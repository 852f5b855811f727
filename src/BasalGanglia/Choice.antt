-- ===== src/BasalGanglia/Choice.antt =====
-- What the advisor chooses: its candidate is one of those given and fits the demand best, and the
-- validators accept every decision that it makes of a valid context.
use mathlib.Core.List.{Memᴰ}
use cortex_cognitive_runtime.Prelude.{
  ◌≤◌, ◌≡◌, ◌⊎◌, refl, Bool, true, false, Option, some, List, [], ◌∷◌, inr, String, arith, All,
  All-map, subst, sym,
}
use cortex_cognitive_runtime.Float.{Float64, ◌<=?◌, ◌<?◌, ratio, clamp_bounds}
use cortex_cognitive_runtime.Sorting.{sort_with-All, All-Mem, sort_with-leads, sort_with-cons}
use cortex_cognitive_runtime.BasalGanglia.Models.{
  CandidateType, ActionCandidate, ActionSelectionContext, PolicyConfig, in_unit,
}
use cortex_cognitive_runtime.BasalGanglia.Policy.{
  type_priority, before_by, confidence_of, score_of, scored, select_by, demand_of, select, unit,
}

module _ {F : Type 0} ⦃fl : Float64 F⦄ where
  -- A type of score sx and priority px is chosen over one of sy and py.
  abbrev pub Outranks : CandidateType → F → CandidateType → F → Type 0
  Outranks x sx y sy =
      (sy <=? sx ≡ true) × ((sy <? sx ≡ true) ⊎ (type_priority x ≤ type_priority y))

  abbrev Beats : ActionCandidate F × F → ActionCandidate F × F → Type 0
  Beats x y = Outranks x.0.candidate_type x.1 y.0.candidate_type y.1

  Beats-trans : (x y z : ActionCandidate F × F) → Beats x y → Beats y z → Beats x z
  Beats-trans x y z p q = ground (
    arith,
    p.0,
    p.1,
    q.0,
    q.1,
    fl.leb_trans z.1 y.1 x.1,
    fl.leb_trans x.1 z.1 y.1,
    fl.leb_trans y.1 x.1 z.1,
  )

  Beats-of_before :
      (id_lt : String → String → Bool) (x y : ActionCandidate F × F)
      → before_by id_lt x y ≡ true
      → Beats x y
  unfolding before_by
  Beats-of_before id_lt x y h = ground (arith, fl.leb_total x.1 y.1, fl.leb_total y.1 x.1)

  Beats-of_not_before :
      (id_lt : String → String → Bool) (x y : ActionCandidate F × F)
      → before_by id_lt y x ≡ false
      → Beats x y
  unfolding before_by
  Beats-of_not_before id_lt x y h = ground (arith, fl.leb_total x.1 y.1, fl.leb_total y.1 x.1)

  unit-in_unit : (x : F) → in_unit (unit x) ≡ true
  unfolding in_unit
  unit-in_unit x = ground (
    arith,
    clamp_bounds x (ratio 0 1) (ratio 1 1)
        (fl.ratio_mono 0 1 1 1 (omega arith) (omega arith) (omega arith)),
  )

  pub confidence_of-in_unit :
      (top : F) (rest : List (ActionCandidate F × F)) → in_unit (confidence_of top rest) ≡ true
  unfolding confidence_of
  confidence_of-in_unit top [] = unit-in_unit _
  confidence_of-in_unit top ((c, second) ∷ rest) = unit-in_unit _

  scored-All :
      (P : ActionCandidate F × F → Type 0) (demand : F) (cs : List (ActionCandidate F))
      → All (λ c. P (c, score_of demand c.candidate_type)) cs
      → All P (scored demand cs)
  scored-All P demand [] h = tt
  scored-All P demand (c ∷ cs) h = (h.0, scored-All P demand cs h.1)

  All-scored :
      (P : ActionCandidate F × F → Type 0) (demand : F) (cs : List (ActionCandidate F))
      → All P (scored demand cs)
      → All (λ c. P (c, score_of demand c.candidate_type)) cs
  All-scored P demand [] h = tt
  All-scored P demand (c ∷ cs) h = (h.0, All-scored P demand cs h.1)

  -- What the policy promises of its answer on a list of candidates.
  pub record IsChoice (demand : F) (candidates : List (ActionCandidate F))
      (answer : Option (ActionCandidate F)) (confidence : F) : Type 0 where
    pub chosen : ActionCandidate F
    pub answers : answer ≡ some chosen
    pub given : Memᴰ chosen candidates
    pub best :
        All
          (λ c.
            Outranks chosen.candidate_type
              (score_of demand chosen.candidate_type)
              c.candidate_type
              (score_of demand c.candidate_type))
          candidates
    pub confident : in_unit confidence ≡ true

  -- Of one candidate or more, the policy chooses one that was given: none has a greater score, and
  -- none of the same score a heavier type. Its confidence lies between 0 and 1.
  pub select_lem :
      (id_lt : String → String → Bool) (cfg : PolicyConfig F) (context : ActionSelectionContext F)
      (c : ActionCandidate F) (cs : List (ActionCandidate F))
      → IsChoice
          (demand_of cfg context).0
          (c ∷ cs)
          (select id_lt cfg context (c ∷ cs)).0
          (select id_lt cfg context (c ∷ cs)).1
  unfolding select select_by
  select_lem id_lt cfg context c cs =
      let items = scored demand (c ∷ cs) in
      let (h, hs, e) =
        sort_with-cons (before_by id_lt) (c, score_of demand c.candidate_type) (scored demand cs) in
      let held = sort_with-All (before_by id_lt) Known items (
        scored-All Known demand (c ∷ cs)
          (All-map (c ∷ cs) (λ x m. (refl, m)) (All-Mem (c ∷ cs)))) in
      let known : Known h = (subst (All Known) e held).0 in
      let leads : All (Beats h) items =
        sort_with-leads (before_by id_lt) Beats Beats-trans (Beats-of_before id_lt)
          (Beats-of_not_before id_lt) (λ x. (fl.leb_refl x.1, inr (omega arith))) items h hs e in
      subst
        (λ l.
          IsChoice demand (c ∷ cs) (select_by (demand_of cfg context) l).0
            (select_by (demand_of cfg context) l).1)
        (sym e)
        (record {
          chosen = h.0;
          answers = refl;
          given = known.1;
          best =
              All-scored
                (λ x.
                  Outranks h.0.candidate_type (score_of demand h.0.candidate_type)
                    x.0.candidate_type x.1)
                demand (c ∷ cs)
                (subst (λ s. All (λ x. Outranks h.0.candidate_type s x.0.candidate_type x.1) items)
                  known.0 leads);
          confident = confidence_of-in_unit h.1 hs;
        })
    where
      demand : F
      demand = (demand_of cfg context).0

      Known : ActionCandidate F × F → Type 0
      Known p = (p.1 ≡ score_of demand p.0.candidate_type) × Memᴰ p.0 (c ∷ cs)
...
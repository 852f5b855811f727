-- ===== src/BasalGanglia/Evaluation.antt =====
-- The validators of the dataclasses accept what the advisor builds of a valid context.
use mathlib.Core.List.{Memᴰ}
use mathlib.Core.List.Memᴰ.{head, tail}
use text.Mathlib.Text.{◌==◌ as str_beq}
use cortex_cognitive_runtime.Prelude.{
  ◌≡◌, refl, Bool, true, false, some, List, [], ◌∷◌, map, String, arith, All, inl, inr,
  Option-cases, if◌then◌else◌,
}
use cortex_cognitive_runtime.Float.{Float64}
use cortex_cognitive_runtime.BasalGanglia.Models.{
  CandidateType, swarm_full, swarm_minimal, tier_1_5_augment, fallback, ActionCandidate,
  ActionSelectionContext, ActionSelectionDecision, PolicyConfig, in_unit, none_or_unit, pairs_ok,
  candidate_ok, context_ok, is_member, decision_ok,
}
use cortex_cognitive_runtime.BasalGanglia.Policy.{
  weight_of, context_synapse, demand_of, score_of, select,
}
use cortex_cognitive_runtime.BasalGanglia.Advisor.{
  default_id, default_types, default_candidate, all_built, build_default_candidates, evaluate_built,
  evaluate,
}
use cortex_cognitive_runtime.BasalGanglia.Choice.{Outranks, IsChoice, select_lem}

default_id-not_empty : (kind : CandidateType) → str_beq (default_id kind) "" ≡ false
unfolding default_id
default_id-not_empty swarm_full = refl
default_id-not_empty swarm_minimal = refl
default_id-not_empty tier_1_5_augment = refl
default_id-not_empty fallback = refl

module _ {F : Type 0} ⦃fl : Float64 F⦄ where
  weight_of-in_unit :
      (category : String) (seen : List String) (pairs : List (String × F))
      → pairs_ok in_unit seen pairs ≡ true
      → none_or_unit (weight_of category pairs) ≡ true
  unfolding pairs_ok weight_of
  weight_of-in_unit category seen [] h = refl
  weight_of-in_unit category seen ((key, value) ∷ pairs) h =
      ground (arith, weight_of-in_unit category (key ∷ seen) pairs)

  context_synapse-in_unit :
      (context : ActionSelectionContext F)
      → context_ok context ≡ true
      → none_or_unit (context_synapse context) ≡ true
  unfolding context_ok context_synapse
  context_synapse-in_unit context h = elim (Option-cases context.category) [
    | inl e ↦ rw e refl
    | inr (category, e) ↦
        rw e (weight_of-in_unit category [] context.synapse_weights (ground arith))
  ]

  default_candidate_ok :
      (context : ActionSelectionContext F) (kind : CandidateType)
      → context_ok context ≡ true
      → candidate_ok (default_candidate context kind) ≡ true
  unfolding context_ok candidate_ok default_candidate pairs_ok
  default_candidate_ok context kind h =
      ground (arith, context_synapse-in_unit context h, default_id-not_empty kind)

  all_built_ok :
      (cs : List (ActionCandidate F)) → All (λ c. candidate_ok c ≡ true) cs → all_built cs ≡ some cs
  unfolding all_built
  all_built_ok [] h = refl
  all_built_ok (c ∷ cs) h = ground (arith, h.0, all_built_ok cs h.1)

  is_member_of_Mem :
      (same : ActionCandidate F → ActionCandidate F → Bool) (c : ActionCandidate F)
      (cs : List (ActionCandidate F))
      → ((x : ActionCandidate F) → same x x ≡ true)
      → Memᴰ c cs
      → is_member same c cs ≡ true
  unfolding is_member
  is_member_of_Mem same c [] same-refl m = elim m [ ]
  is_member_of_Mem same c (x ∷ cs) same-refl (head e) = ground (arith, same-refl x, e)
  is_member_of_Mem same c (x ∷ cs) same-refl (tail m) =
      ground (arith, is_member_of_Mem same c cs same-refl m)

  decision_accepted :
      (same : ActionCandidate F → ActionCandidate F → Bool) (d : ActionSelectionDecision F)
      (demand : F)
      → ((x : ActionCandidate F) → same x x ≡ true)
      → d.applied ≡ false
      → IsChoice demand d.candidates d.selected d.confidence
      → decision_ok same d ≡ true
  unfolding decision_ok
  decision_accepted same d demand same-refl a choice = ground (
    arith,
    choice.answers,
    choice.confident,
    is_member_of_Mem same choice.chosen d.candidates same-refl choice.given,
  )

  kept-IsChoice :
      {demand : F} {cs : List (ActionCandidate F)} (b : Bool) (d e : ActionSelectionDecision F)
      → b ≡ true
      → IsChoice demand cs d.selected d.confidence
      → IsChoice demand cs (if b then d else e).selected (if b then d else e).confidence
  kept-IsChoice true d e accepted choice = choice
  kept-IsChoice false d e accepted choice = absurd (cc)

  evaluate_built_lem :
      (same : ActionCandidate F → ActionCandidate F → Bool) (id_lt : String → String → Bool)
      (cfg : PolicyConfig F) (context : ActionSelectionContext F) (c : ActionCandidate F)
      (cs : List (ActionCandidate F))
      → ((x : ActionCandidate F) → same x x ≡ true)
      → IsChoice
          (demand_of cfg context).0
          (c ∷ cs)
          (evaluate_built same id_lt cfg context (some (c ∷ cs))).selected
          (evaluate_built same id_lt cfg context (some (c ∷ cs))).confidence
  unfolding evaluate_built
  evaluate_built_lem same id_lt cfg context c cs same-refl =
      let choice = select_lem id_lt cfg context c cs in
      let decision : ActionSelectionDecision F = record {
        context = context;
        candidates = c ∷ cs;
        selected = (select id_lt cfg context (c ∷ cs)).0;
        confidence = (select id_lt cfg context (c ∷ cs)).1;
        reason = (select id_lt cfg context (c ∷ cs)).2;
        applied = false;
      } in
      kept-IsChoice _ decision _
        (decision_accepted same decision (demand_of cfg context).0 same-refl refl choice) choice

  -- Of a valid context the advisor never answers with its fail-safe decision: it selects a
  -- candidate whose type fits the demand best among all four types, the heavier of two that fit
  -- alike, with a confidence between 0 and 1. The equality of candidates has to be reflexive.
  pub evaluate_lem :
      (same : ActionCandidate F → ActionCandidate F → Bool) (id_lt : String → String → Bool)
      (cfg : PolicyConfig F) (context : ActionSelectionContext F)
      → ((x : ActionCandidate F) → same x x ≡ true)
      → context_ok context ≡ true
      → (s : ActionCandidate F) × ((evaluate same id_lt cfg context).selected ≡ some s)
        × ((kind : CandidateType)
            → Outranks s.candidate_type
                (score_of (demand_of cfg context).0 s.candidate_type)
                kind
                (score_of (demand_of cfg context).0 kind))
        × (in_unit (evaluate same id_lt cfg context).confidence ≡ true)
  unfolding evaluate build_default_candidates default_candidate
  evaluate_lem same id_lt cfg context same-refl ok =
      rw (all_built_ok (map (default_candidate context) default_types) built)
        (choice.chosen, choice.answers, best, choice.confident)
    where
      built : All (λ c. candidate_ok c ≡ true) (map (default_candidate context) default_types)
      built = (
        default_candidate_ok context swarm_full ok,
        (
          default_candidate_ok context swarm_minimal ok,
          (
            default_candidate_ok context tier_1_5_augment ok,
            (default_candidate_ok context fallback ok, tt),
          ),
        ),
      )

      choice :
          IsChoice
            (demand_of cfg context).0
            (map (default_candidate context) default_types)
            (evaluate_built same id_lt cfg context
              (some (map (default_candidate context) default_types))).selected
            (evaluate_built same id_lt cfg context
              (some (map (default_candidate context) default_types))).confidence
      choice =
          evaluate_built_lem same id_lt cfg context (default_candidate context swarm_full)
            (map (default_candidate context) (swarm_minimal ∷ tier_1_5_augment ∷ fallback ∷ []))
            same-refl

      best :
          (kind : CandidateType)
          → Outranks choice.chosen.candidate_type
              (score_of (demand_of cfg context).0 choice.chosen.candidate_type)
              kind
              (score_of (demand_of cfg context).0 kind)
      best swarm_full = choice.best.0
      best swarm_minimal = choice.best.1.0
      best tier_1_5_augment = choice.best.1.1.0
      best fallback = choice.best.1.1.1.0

* **Task statement**: Which lines of the listing contain the word "then"? Copy each of them.

* **Output of the task**:
  Option-cases, if◌then◌else◌,
      → IsChoice demand cs (if b then d else e).selected (if b then d else e).confidence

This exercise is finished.